Copyright 2020 Library Journal, LLC Used with permission.



Booklist

May 15, 2020
Russo's pleasantly quirky debut traces middle-aged Bennett Driscoll's slow and not-so steady recovery from divorce. Bennett's once-promising art career has been fizzling out for decades, leaving him no option but to turn his expansive London home into an AirBed, while he sleeps on a futon in the tiny shed in the garden where he works. Bennett's story, which includes a turbulent liaison with local bartender Claire, is interwoven with those of three of his renters. Young American Alicia, returning to London to stalk a former lover, is nearly raped outside a pub, and American artist Emma has a nervous breakdown during her stay. Feisty British divorcee Kirstie fares better, as she becomes another possible love interest for Bennett. While Alicia and Emma's stories are integrated rather awkwardly into the novel, and are tonally much darker than the main story, they do broaden the narrative. Bennett is a comfortable character to get to know, as is the London through which he ambles.(Reprinted with permission of Booklist, copyright 2020, American Library Association.)



Publisher's Weekly

September 21, 2020
Russo follows the travails of a divorced London painter–turned–apartment host in her witty, enjoyable debut. At 55, Bennett Driscoll’s paintings are no longer fashionable, and his career and private life have been derailed.
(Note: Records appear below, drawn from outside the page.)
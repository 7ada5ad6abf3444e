-- ===== src/Gateway/DataPlane/Invoke.antt =====
-- crates/gateway/src/routes/data_plane.rs: `POST /adapters/{name}/mcp`. The handler never ends in
-- an error: every branch returns a response.
pub mod Guard
use mcp_oxide.Prelude.{
  ℕ, ◌%◌, ◌^◌, String, Bool, true, false, Option, none, some, List, [], ◌∷◌, leb, ◌&&◌, unwrap_or,
  if◌then◌else◌,
}
use mcp_oxide.Text.{format}
use mcp_oxide.Core.Error.{Error, to_string, Result, ok, err}
use mcp_oxide.Core.Json.{Json, as_str}
use mcp_oxide.Core.Json
use mcp_oxide.Core.Identity.{UserContext}
use mcp_oxide.Core.Policy.{adapter_kind, Decision}
use mcp_oxide.Core.Audit.{AuditDecision, allow, deny, AuditRecord}
use mcp_oxide.Gateway.State.{AppState, World, ResolvedAdapter, resolve_adapter}
use mcp_oxide.Gateway.Handler.{Host, Handler, return, reads, emit, ◌>>=◌, ◌>>◌}
use mcp_oxide.Gateway.DataPlane.Helpers.{required_roles_satisfied, data_input, data_audit_record}
use mcp_oxide.Gateway.DataPlane.Proxy.{
  Wire, ProxyError, unavailable, timeout, ProxyOutcome, ProxyResponse, forwardable_headers,
  forward_post,
}

-- a response: an error with its `error` and `message`, or the upstream's
pub data DataReply (V B : Type 0) : Type 0 where
  refused : (status : ℕ) (error message : String) → DataReply V B
  passed_on : ProxyResponse V B → DataReply V B

-- the methods of `StatusCode`
abbrev pub is_success : ℕ → Bool
is_success status = leb 200 status && leb status 299

abbrev pub is_server_error : ℕ → Bool
is_server_error status = leb 500 status && leb status 599

abbrev pub status_label : ProxyOutcome → String
status_label outcome =
    if is_success outcome.status
    then "ok"
    else if is_server_error outcome.status
    then "upstream_error"
    else "upstream_client_error"

abbrev method_text : Option Json → Option String
method_text none = none
method_text (some v) = as_str v

abbrev method_in : Option Json → Option String
method_in none = none
method_in (some v) = method_text (Json.get "method" v)

-- `parse_jsonrpc_method`, after serde read the body
unfoldable pub parse_jsonrpc_method : {B : Type 0} → (B → Option Json) → B → Option String
parse_jsonrpc_method from_slice body = method_in (from_slice body)

-- `as_millis() as u64`
abbrev pub millis : ProxyOutcome → ℕ
millis outcome = outcome.latency_ms % 2 ^ 64

module _ {V M D B : Type 0} (host : Host V) (wire : Wire V B) (from_slice : B → Option Json)
    (state : AppState M D) (user : UserContext) (trace_id : String) (headers : List (String × V))
    (body : B) where
  abbrev pub method_of_body : String
  method_of_body = unwrap_or "unknown" (parse_jsonrpc_method from_slice body)

  -- the audit record of a refusal, whose `request_hash` is empty
  abbrev pub refusal_audit : String → String → Option String → String → String → AuditRecord
  refusal_audit action name policy_id status error =
      data_audit_record host trace_id user action "adapter" name deny policy_id 0 status ""
        (some error)

  abbrev pub forward_audit : ResolvedAdapter → Decision → ℕ → String → Option String → AuditRecord
  forward_audit a d latency_ms status error =
      data_audit_record host trace_id user method_of_body "adapter" a.name allow d.policy_id
        latency_ms status (format ("sha256:" ∷ wire.sha256_hex body ∷ [])) error

  -- the response and the audit record that the forwarding leads to
  abbrev after_forward :
      ResolvedAdapter
      → Decision
      → Result ProxyError (ProxyResponse V B × ProxyOutcome)
      → Handler M D (DataReply V B)
  after_forward a d (ok (response, outcome)) = do
    emit (forward_audit a d (millis outcome) (status_label outcome) none)
    return (passed_on response)
  after_forward a d (err (timeout m)) = do
    emit (forward_audit a d 0 "upstream_timeout" (some m))
    return (refused 504 "upstream_timeout" m)
  after_forward a d (err (unavailable m)) = do
    emit (forward_audit a d 0 "upstream_unavailable" (some m))
    return (refused 502 "upstream_unavailable" m)

  -- `emit_audit(…)` and the response that is returned after it
  abbrev refuse : AuditRecord → ℕ → String → String → Handler M D (DataReply V B)
  refuse r status error message = do emit r; return (refused status error message)

  -- what follows the policy engine's answer
  unfoldable pub decided : ResolvedAdapter → Result Error Decision → Handler M D (DataReply V B)
  unfolding ◌>>=◌ ◌>>◌
  decided a (err e) =
      refuse (refusal_audit method_of_body a.name none "policy_error" (to_string e)) 500
        "internal_error" "policy"
  decided a (ok d) =
      if d.allow
      then if required_roles_satisfied a.required_roles user.roles
        then after_forward a d (forward_post wire a.upstream (forwardable_headers headers) body)
        else refuse (refusal_audit method_of_body a.name d.policy_id "forbidden" "required_roles")
            403 "forbidden" "required_roles"
      else refuse
          (refusal_audit method_of_body a.name d.policy_id "forbidden" (unwrap_or "" d.reason)) 403
          "forbidden" (unwrap_or "" d.reason)

  -- what follows the lookup of the adapter
  unfoldable pub found_adapter :
      String → Result Error (Option ResolvedAdapter) → Handler M D (DataReply V B)
  found_adapter name (err e) = return (refused 500 "internal_error" "metadata")
  found_adapter name (ok none) =
      refuse (refusal_audit "mcp.invoke" name none "not_found" "adapter not found") 404 "not_found"
        "adapter not found"
  found_adapter name (ok (some a)) = decided a (
      state.authz.decide
        (data_input user method_of_body none adapter_kind a.name a.tags a.required_roles))

  unfoldable pub invoke : String → Handler M D (DataReply V B)
  invoke name = do answer ← reads (λ w. resolve_adapter state w name); found_adapter name answer
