-- ===== src/Gateway/DataPlane/Invoke/Guard.antt =====
-- What stands behind a forwarded request, and what every request leaves behind.
use mcp_oxide.Prelude.{
  String, true, Option, none, some, List, [], ◌∷◌, ◌≡◌, ◌⊎◌, inl, inr, refl, Option-cases,
  Bool-cases,
}
use mcp_oxide.Core.Error.{Error, Result, ok, err, Outcome, done, Result-cases}
use mcp_oxide.Core.Json.{Json}
use mcp_oxide.Core.Identity.{UserContext}
use mcp_oxide.Text.{format}
use mcp_oxide.Core.Policy.{data_plane, adapter_kind, Decision}
use mcp_oxide.Core.Audit.{allow, AuditRecord}
use mcp_oxide.Gateway.State.{AppState, World, ResolvedAdapter, resolve_adapter}
use mcp_oxide.Gateway.Handler.{Host, ◌>>=◌, ◌>>◌}
use mcp_oxide.Gateway.DataPlane.Helpers.{required_roles_satisfied, data_input}
use mcp_oxide.Gateway.DataPlane.Helpers.Access.{RolesMet}
use mcp_oxide.Gateway.DataPlane.Proxy.{
  Wire, ProxyError, unavailable, timeout, ProxyOutcome, ProxyResponse, forwardable_headers,
  forward_post,
}
use mcp_oxide.Gateway.DataPlane.Invoke.{
  DataReply, refused, status_label, millis, method_of_body, decided, found_adapter, invoke,
}

post_cases :
    {A : Type 0} (r : Result ProxyError A)
    → ((a : A) × (r ≡ ok a))
      ⊎ ((m : String) × (r ≡ err (timeout m)))
      ⊎ ((m : String) × (r ≡ err (unavailable m)))
post_cases (ok a) = inl (a, refl)
post_cases (err (timeout m)) = inr (inl (m, refl))
post_cases (err (unavailable m)) = inr (inr (m, refl))

module _ {V M D B : Type 0} (host : Host V) (wire : Wire V B) (from_slice : B → Option Json)
    (state : AppState M D) (user : UserContext) (trace_id : String) (headers : List (String × V))
    (body : B) (name : String) (w : World M D) where
  -- the policy engine's answer for an adapter
  abbrev pub judgement : ResolvedAdapter → Result Error Decision
  judgement a = state.authz.decide (
      data_input user (method_of_body host wire from_slice state user trace_id headers body) none
        adapter_kind a.name a.tags a.required_roles)

  pub record Forwarded (a : ResolvedAdapter) (d : Decision) (outcome : ProxyOutcome)
      (response : ProxyResponse V B) (w' : World M D) : Type 0 where
    pub resolved : resolve_adapter state w name ≡ ok (some a)
    pub decision : judgement a ≡ ok d
    pub allowed : d.allow ≡ true
    pub roles : RolesMet a.required_roles user.roles
    pub sent :
        forward_post wire a.upstream (forwardable_headers headers) body ≡ ok (response, outcome)
    pub audited : w' ≡ record w {
      audit =
          record {
            ts = host.timestamp;
            trace_id = trace_id;
            user = record { sub = user.sub; tenant = user.tenant; roles = user.roles };
            plane = data_plane;
            action = method_of_body host wire from_slice state user trace_id headers body;
            target = record { kind = "adapter"; name = a.name };
            decision = allow;
            policy_id = d.policy_id;
            latency_ms = millis outcome;
            upstream_status = status_label outcome;
            request_hash = format ("sha256:" ∷ wire.sha256_hex body ∷ []);
            error = none;
          }
          ∷ w.audit;
    }

  -- an answer that left one audit record more
  pub record Answered (run : Outcome (DataReply V B) × World M D) : Type 0 where
    pub reply : DataReply V B
    pub returned : run.0 ≡ done reply
    pub store : run.1.store ≡ w.store
    pub cluster : run.1.cluster ≡ w.cluster
    pub record_left : AuditRecord
    pub audit : run.1.audit ≡ record_left ∷ w.audit

  answered :
      (reply : DataReply V B) (r : AuditRecord)
      → Answered (done reply, record w { audit = r ∷ w.audit })
  answered reply r = record {
    reply = reply;
    returned = refl;
    store = refl;
    cluster = refl;
    record_left = r;
    audit = refl;
  }

  decided-Answered :
      (a : ResolvedAdapter) (answer : Result Error Decision)
      → Answered (decided host wire from_slice state user trace_id headers body a answer w)
  unfolding decided ◌>>=◌ ◌>>◌
  decided-Answered a (err e) = answered _ _
  decided-Answered a (ok d) = elim (Bool-cases d.allow) [
    | inr denies ↦ rw denies (answered _ _)
    | inl allows ↦ elim (Bool-cases (required_roles_satisfied a.required_roles user.roles)) [
      | inr unmet ↦ rw (allows, unmet) (answered _ _)
      | inl met ↦
          elim (post_cases (forward_post wire a.upstream (forwardable_headers headers) body)) [
            | inl (reply, y) ↦ rw (allows, met, y) (answered _ _)
            | inr (inl (m, y)) ↦ rw (allows, met, y) (answered _ _)
            | inr (inr (m, y)) ↦ rw (allows, met, y) (answered _ _)
          ]
    ]
  ]

  -- Every request is answered, and leaves the metadata store and the deployment runtime as they
  -- were and exactly one audit record more, but for one whose adapter's lookup failed: that is
  -- answered as an internal error, and leaves everything as it was.
  pub invoke_answers :
      Answered (invoke host wire from_slice state user trace_id headers body name w)
      ⊎ ((e : Error) × (resolve_adapter state w name ≡ err e)
          × (invoke host wire from_slice state user trace_id headers body name w
              ≡ (done (refused 500 "internal_error" "metadata"), w)))
  unfolding invoke found_adapter ◌>>=◌ ◌>>◌
  invoke_answers = elim (Result-cases (resolve_adapter state w name)) [
    | inl (e, x) ↦ inr (e, x, rw x refl)
    | inr (o, x) ↦ elim (Option-cases o) [
      | inl y ↦
          let missing : resolve_adapter state w name ≡ ok none = cc (x, y) in
          inl (rw missing (answered _ _))
      | inr (a, y) ↦
          let there : resolve_adapter state w name ≡ ok (some a) = cc (x, y) in
          inl (rw there (decided-Answered a (judgement a)))
    ]
  ]
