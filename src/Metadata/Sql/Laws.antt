-- ===== src/Metadata/Sql/Laws.antt =====
-- The SQLite store of crates/metadata/src/sql.rs, from the laws of the database and of the
-- JSON that it relies on.
use mcp_oxide.Prelude.{
  ℕ, String, Option, none, some, ◌==◌, ◌≡◌, inl, inr, refl, arith, Bool-cases, if◌then◌else◌, Bool,
  true, false, List, any, ◌⊎◌, ap, ◌∙◌,
}
use mcp_oxide.Core.Error.{Error, Result, ok, err, Result-cases}
use mcp_oxide.Core.Model.{Adapter, Tool}
use mcp_oxide.Metadata.Sql.{
  Table, adapters_table, tools_table, Row, Database, Codec, json_encode, executed, put_row,
  revision_of, get_row, put_adapter, get_adapter, put_tool, get_tool, delete_tool, Selected, Column,
  name_column, tags_column, payload_column, revision_column, updated_at_column, OnConflict,
  put_conflict,
}

abbrev pub is_column : Column → Column → Bool
is_column name_column name_column = true
is_column tags_column tags_column = true
is_column payload_column payload_column = true
is_column revision_column revision_column = true
is_column updated_at_column updated_at_column = true
is_column _ _ = false

-- What the row of that name shows after an `INSERT` with an `ON CONFLICT(name)` clause: where there
-- was a row, a column that the clause does not set keeps its value.
unfoldable pub merged :
    {J : Type 0}
    → List Column
    → Row J
    → Result String (Option (Selected J))
    → Result String (Option (Selected J))
merged set row (ok (some old)) = ok (
    some (record {
      payload = if any (is_column payload_column) set then ok row.payload else old.payload;
      tags = if any (is_column tags_column) set then ok row.tags else old.tags;
    }))
merged set row (ok none) = ok (some (record { payload = ok row.payload; tags = ok row.tags }))
merged set row (err e) = ok (some (record { payload = ok row.payload; tags = ok row.tags }))

-- what is documented of the statements: a write that is executed is seen by the queries that
-- follow, by the table's primary key, and one that fails has changed nothing
pub record DatabaseLaws {J Q : Type 0} (db : Database J Q) : Type 0 where
  pub select-upsert :
      (t : Table) (set : List Column) (row : Row J) (q : Q) (k : String)
      → (db.upsert t (record { target = name_column; set = set }) row q).0 ≡ ok tt
      → db.select t k (db.upsert t (record { target = name_column; set = set }) row q).1
        ≡ (if row.name == k then merged set row (db.select t k q) else db.select t k q)
  pub failed-upsert :
      (t : Table) (on : OnConflict) (row : Row J) (q : Q) (k : String) (e : String)
      → (db.upsert t on row q).0 ≡ err e
      → db.select t k (db.upsert t on row q).1 ≡ db.select t k q
  pub select-remove :
      (t : Table) (name : String) (q : Q) (k : String)
      → (db.remove t name q).0 ≡ ok tt
      → db.select t k (db.remove t name q).1 ≡ (if name == k then ok none else db.select t k q)
  pub failed-remove :
      (t : Table) (name : String) (q : Q) (k : String) (e : String)
      → (db.remove t name q).0 ≡ err e
      → db.select t k (db.remove t name q).1 ≡ db.select t k q

-- the JSON that this record is written as, if it is written, is read back as the record
abbrev pub ReadsBack : {A J : Type 0} → (A → Result String J) → (J → Result String A) → A → Type 0
ReadsBack {J = J} encode decode a = (j : J) → encode a ≡ ok j → decode j ≡ ok a

-- the clause of the store's statements sets every column that is read
merged-put_conflict :
    {J : Type 0} (row : Row J) (before : Result String (Option (Selected J)))
    → merged put_conflict.set row before
      ≡ ok (some (record { payload = ok row.payload; tags = ok row.tags }))
unfolding merged put_conflict
merged-put_conflict row (ok (some old)) = refl
merged-put_conflict row (ok none) = refl
merged-put_conflict row (err e) = refl

module _ {Q : Type 0} where
  executed-state : (r : Result String (Unit {0}) × Q) → (executed r).1 ≡ r.1
  executed-state (ok done, q) = refl
  executed-state (err e, q) = refl

  executed-ok : (r : Result String (Unit {0}) × Q) → (executed r).0 ≡ ok tt → r.0 ≡ ok tt
  executed-ok (ok done, q) h = refl
  executed-ok (err e, q) h = absurd (ground arith)

  executed-err :
      (r : Result String (Unit {0}) × Q) (e : Error)
      → (executed r).0 ≡ err e
      → (e' : String) × (r.0 ≡ err e')
  executed-err (ok done, q) e h = absurd (ground arith)
  executed-err (err e', q) e h = (e', refl)

module _ {J Q : Type 0} (db : Database J Q) (laws : DatabaseLaws db) where
  -- the row is seen by its name, whatever was there before
  select-put_conflict :
      (t : Table) (row : Row J) (q : Q) (k : String)
      → (db.upsert t put_conflict row q).0 ≡ ok tt
      → db.select t k (db.upsert t put_conflict row q).1 ≡ (
          if row.name == k
          then ok (some (record { payload = ok row.payload; tags = ok row.tags }))
          else db.select t k q)
  unfolding put_conflict
  select-put_conflict t row q k h =
      laws.select-upsert t put_conflict.set row q k h
      ∙ ap (λ r. if row.name == k then r else db.select t k q)
          (merged-put_conflict row (db.select t k q))

  module _ {A : Type 0} (encode : A → Result String J) (decode : J → Result String A) where
    get-put_row :
        (t : Table) (name : String) (a : A) (revision : Option ℕ) (tags : Result Error J) (q : Q)
        (k : String)
        → ReadsBack encode decode a
        → (put_row db t name revision (json_encode (encode a)) tags q).0 ≡ ok tt
        → get_row db decode
            (db.select t k (put_row db t name revision (json_encode (encode a)) tags q).1)
          ≡ (if name == k then ok (some a) else get_row db decode (db.select t k q))
    get-put_row t name a revision tags q k reads h = elim (Result-cases (encode a)) [
      | inl (e, x) ↦ absurd (ground arith)
      | inr (j, x) ↦ elim (Result-cases tags) [
        | inl (e, y) ↦ absurd (ground arith)
        | inr (tags', y) ↦
            let row : Row J = record {
              name = name;
              tags = tags';
              payload = j;
              revision = revision_of revision;
              updated_at = db.now q;
            } in
            let done : (executed (db.upsert t put_conflict row q)).0 ≡ ok tt = rw (x, y) at h in
            let seen =
              select-put_conflict t row q k (executed-ok (db.upsert t put_conflict row q) done) in
            let back = reads j x in
            rw (x, y, executed-state (db.upsert t put_conflict row q), seen)
              (elim (Bool-cases (name == k)) [
                | inl here ↦ rw (here, back) refl
                | inr other ↦ rw other refl
              ])
      ]
    ]

    failed-put_row :
        (t : Table) (name : String) (a : A) (revision : Option ℕ) (tags : Result Error J) (q : Q)
        (k : String) (e : Error)
        → (put_row db t name revision (json_encode (encode a)) tags q).0 ≡ err e
        → get_row db decode
            (db.select t k (put_row db t name revision (json_encode (encode a)) tags q).1)
          ≡ get_row db decode (db.select t k q)
    failed-put_row t name a revision tags q k e h = elim (Result-cases (encode a)) [
      | inl (e', x) ↦ rw x refl
      | inr (j, x) ↦ elim (Result-cases tags) [
        | inl (e', y) ↦ rw (x, y) refl
        | inr (tags', y) ↦
            let row : Row J = record {
              name = name;
              tags = tags';
              payload = j;
              revision = revision_of revision;
              updated_at = db.now q;
            } in
            let (e', failed) = executed-err (db.upsert t put_conflict row q) e (rw (x, y) at h) in
            rw
              (
                x,
                y,
                executed-state (db.upsert t put_conflict row q),
                laws.failed-upsert t put_conflict row q k e' failed,
              )
              refl
      ]
    ]

  module _ {A : Type 0} (decode : J → Result String A) where
    get-remove :
        (t : Table) (name : String) (q : Q) (k : String)
        → (executed (db.remove t name q)).0 ≡ ok tt
        → get_row db decode (db.select t k (executed (db.remove t name q)).1)
          ≡ (if name == k then ok none else get_row db decode (db.select t k q))
    get-remove t name q k h =
        let seen = laws.select-remove t name q k (executed-ok (db.remove t name q) h) in
        rw (executed-state (db.remove t name q), seen)
          (elim (Bool-cases (name == k)) [ inl here ↦ rw here refl | inr other ↦ rw other refl ])

    failed-remove_lem :
        (t : Table) (name : String) (q : Q) (k : String) (e : Error)
        → (executed (db.remove t name q)).0 ≡ err e
        → get_row db decode (db.select t k (executed (db.remove t name q)).1)
          ≡ get_row db decode (db.select t k q)
    failed-remove_lem t name q k e h =
        let (e', failed) = executed-err (db.remove t name q) e h in
        rw (executed-state (db.remove t name q), laws.failed-remove t name q k e' failed) refl

  module _ (json : Codec J) where
    -- A put of an adapter whose JSON is read back as it was either answers ok, and a lookup then finds
    -- the adapter under its name and every other name as before, or it answers an error, and every
    -- lookup is as before. The database keeps its documented laws.
    pub get_adapter-put_adapter :
        (a : Adapter) (q : Q) (k : String)
        → ReadsBack json.encode_adapter json.decode_adapter a
        → (((put_adapter db json a q).0 ≡ ok tt)
            × (get_adapter db json k (put_adapter db json a q).1
                ≡ (if a.name == k then ok (some a) else get_adapter db json k q)))
          ⊎ ((e : Error) × ((put_adapter db json a q).0 ≡ err e)
              × (get_adapter db json k (put_adapter db json a q).1 ≡ get_adapter db json k q))
    unfolding put_adapter get_adapter
    get_adapter-put_adapter a q k reads = elim (Result-cases (put_adapter db json a q).0) [
      | inl (e, x) ↦ inr (
        e,
        x,
        failed-put_row json.encode_adapter json.decode_adapter adapters_table a.name a a.revision
            (json_encode (json.encode_tags a.tags)) q k e x,
      )
      | inr (tt, x) ↦ inl (
        x,
        get-put_row json.encode_adapter json.decode_adapter adapters_table a.name a a.revision
            (json_encode (json.encode_tags a.tags)) q k reads x,
      )
    ]

    -- A put of a tool whose JSON is read back as it was either answers ok, and a lookup then finds
    -- the tool under its name and every other name as before, or it answers an error, and every
    -- lookup is as before. The database keeps its documented laws.
    pub get_tool-put_tool :
        (a : Tool) (q : Q) (k : String)
        → ReadsBack json.encode_tool json.decode_tool a
        → (((put_tool db json a q).0 ≡ ok tt)
            × (get_tool db json k (put_tool db json a q).1
                ≡ (if a.name == k then ok (some a) else get_tool db json k q)))
          ⊎ ((e : Error) × ((put_tool db json a q).0 ≡ err e)
              × (get_tool db json k (put_tool db json a q).1 ≡ get_tool db json k q))
    unfolding put_tool get_tool
    get_tool-put_tool a q k reads = elim (Result-cases (put_tool db json a q).0) [
      | inl (e, x) ↦ inr (
        e,
        x,
        failed-put_row json.encode_tool json.decode_tool tools_table a.name a a.revision
            (json_encode (json.encode_tags a.tags)) q k e x,
      )
      | inr (tt, x) ↦ inl (
        x,
        get-put_row json.encode_tool json.decode_tool tools_table a.name a a.revision
            (json_encode (json.encode_tags a.tags)) q k reads x,
      )
    ]

    -- A deletion of a tool either answers ok, and a lookup then finds nothing under its name and
    -- every other name as before, or it answers an error, and every lookup is as before. The
    -- database keeps its documented laws.
    pub get_tool-delete_tool :
        (name : String) (q : Q) (k : String)
        → (((delete_tool db json name q).0 ≡ ok tt)
            × (get_tool db json k (delete_tool db json name q).1
                ≡ (if name == k then ok none else get_tool db json k q)))
          ⊎ ((e : Error) × ((delete_tool db json name q).0 ≡ err e)
              × (get_tool db json k (delete_tool db json name q).1 ≡ get_tool db json k q))
    unfolding delete_tool get_tool
    get_tool-delete_tool name q k = elim (Result-cases (delete_tool db json name q).0) [
      | inl (e, x) ↦ inr (e, x, failed-remove_lem json.decode_tool tools_table name q k e x)
      | inr (tt, x) ↦ inl (x, get-remove json.decode_tool tools_table name q k x)
    ]
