-- ===== src/Session.antt =====
-- crates/session/src/lib.rs: the store that binds the sessions of clients to backends. Its map is
-- the list of its entries, with one of each key; an instant is a number of nanoseconds, and the
-- instant that a call reads from the clock is its argument.
pub mod History
use mcp_oxide.Prelude.{
  ℕ, ◌+◌, String, Bool, true, ◌&&◌, not, Option, none, some, List, [], ◌∷◌, keep, ◌==◌, ltb,
  if◌then◌else◌,
}
use mcp_oxide.Core.Error.{Error, Result, ok}
use mcp_oxide.Core.Model.{SessionId, BackendId}
use mcp_oxide.Core.Providers.{SessionStore}

pub record Entry : Type 0 where
  pub backend : BackendId
  pub expires_at : ℕ

abbrev pub Key : Type 0
Key = String × String

abbrev pub key_eq : Key → Key → Bool
key_eq (s, a) (t, b) = s == t && a == b

abbrev pub Sessions : Type 0
Sessions = List (Key × Entry)

-- `HashMap::get` and `HashMap::insert`
unfoldable pub get : Key → Sessions → Option Entry
get key [] = none
get key (entry ∷ rest) = if key_eq entry.0 key then some entry.1 else get key rest

unfoldable pub insert : Key → Entry → Sessions → Sessions
insert key e sessions = (key, e) ∷ keep (λ entry. not (key_eq entry.0 key)) sessions

abbrev alive : ℕ → Option Entry → Option BackendId
alive now none = none
alive now (some e) = if ltb now e.expires_at then some e.backend else none

unfoldable pub resolve : SessionId → String → (now : ℕ) → Sessions → Result Error (Option BackendId)
resolve session_id adapter now sessions =
    ok (alive now (get (session_id.session, adapter) sessions))

unfoldable pub bind :
    SessionId → String → BackendId → (ttl now : ℕ) → Sessions → Result Error (Unit {0}) × Sessions
bind session_id adapter backend ttl now sessions = (
  ok tt,
  insert (session_id.session, adapter) (record { backend = backend; expires_at = now + ttl })
      sessions,
)

unfoldable pub drop_session : SessionId → Sessions → Result Error (Unit {0}) × Sessions
drop_session session_id sessions =
    (ok tt, keep (λ entry. not (entry.0.0 == session_id.session)) sessions)

abbrev pub in_memory_sessions : SessionStore Sessions
in_memory_sessions = record { resolve = resolve; bind = bind; drop_session = drop_session }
To make ends meet—his gallery’s director says she’ll represent him again after he’s dead—Bennett rents out his large suburban London house on AirBed, an Airbnb-like site, and sleeps in his studio. He once scoured the Guardian for reviews of his work; now he reads reviews of his hosting and relishes his long-coveted AirBed status as Super Host while processing his recent divorce and trying to connect with his 18-year-old daughter. Russo is good at portraying female characters, particularly a series of tenants whose stories structure the novel, and who each make an impact on Bennett. There’s Alicia, a young American woman; Emma, an artist who rents the house with her husband; and Kirstie, an unhappy, failed hotelier. Russo plumbs the depths of her characters’ cynicism, which has taught them that men are indecisive and women remain primarily objects of sexual interest, and that to be a successful artist one needs to keep producing what sells. Russo is a formidable talent, and readers will be eager to see what she does next.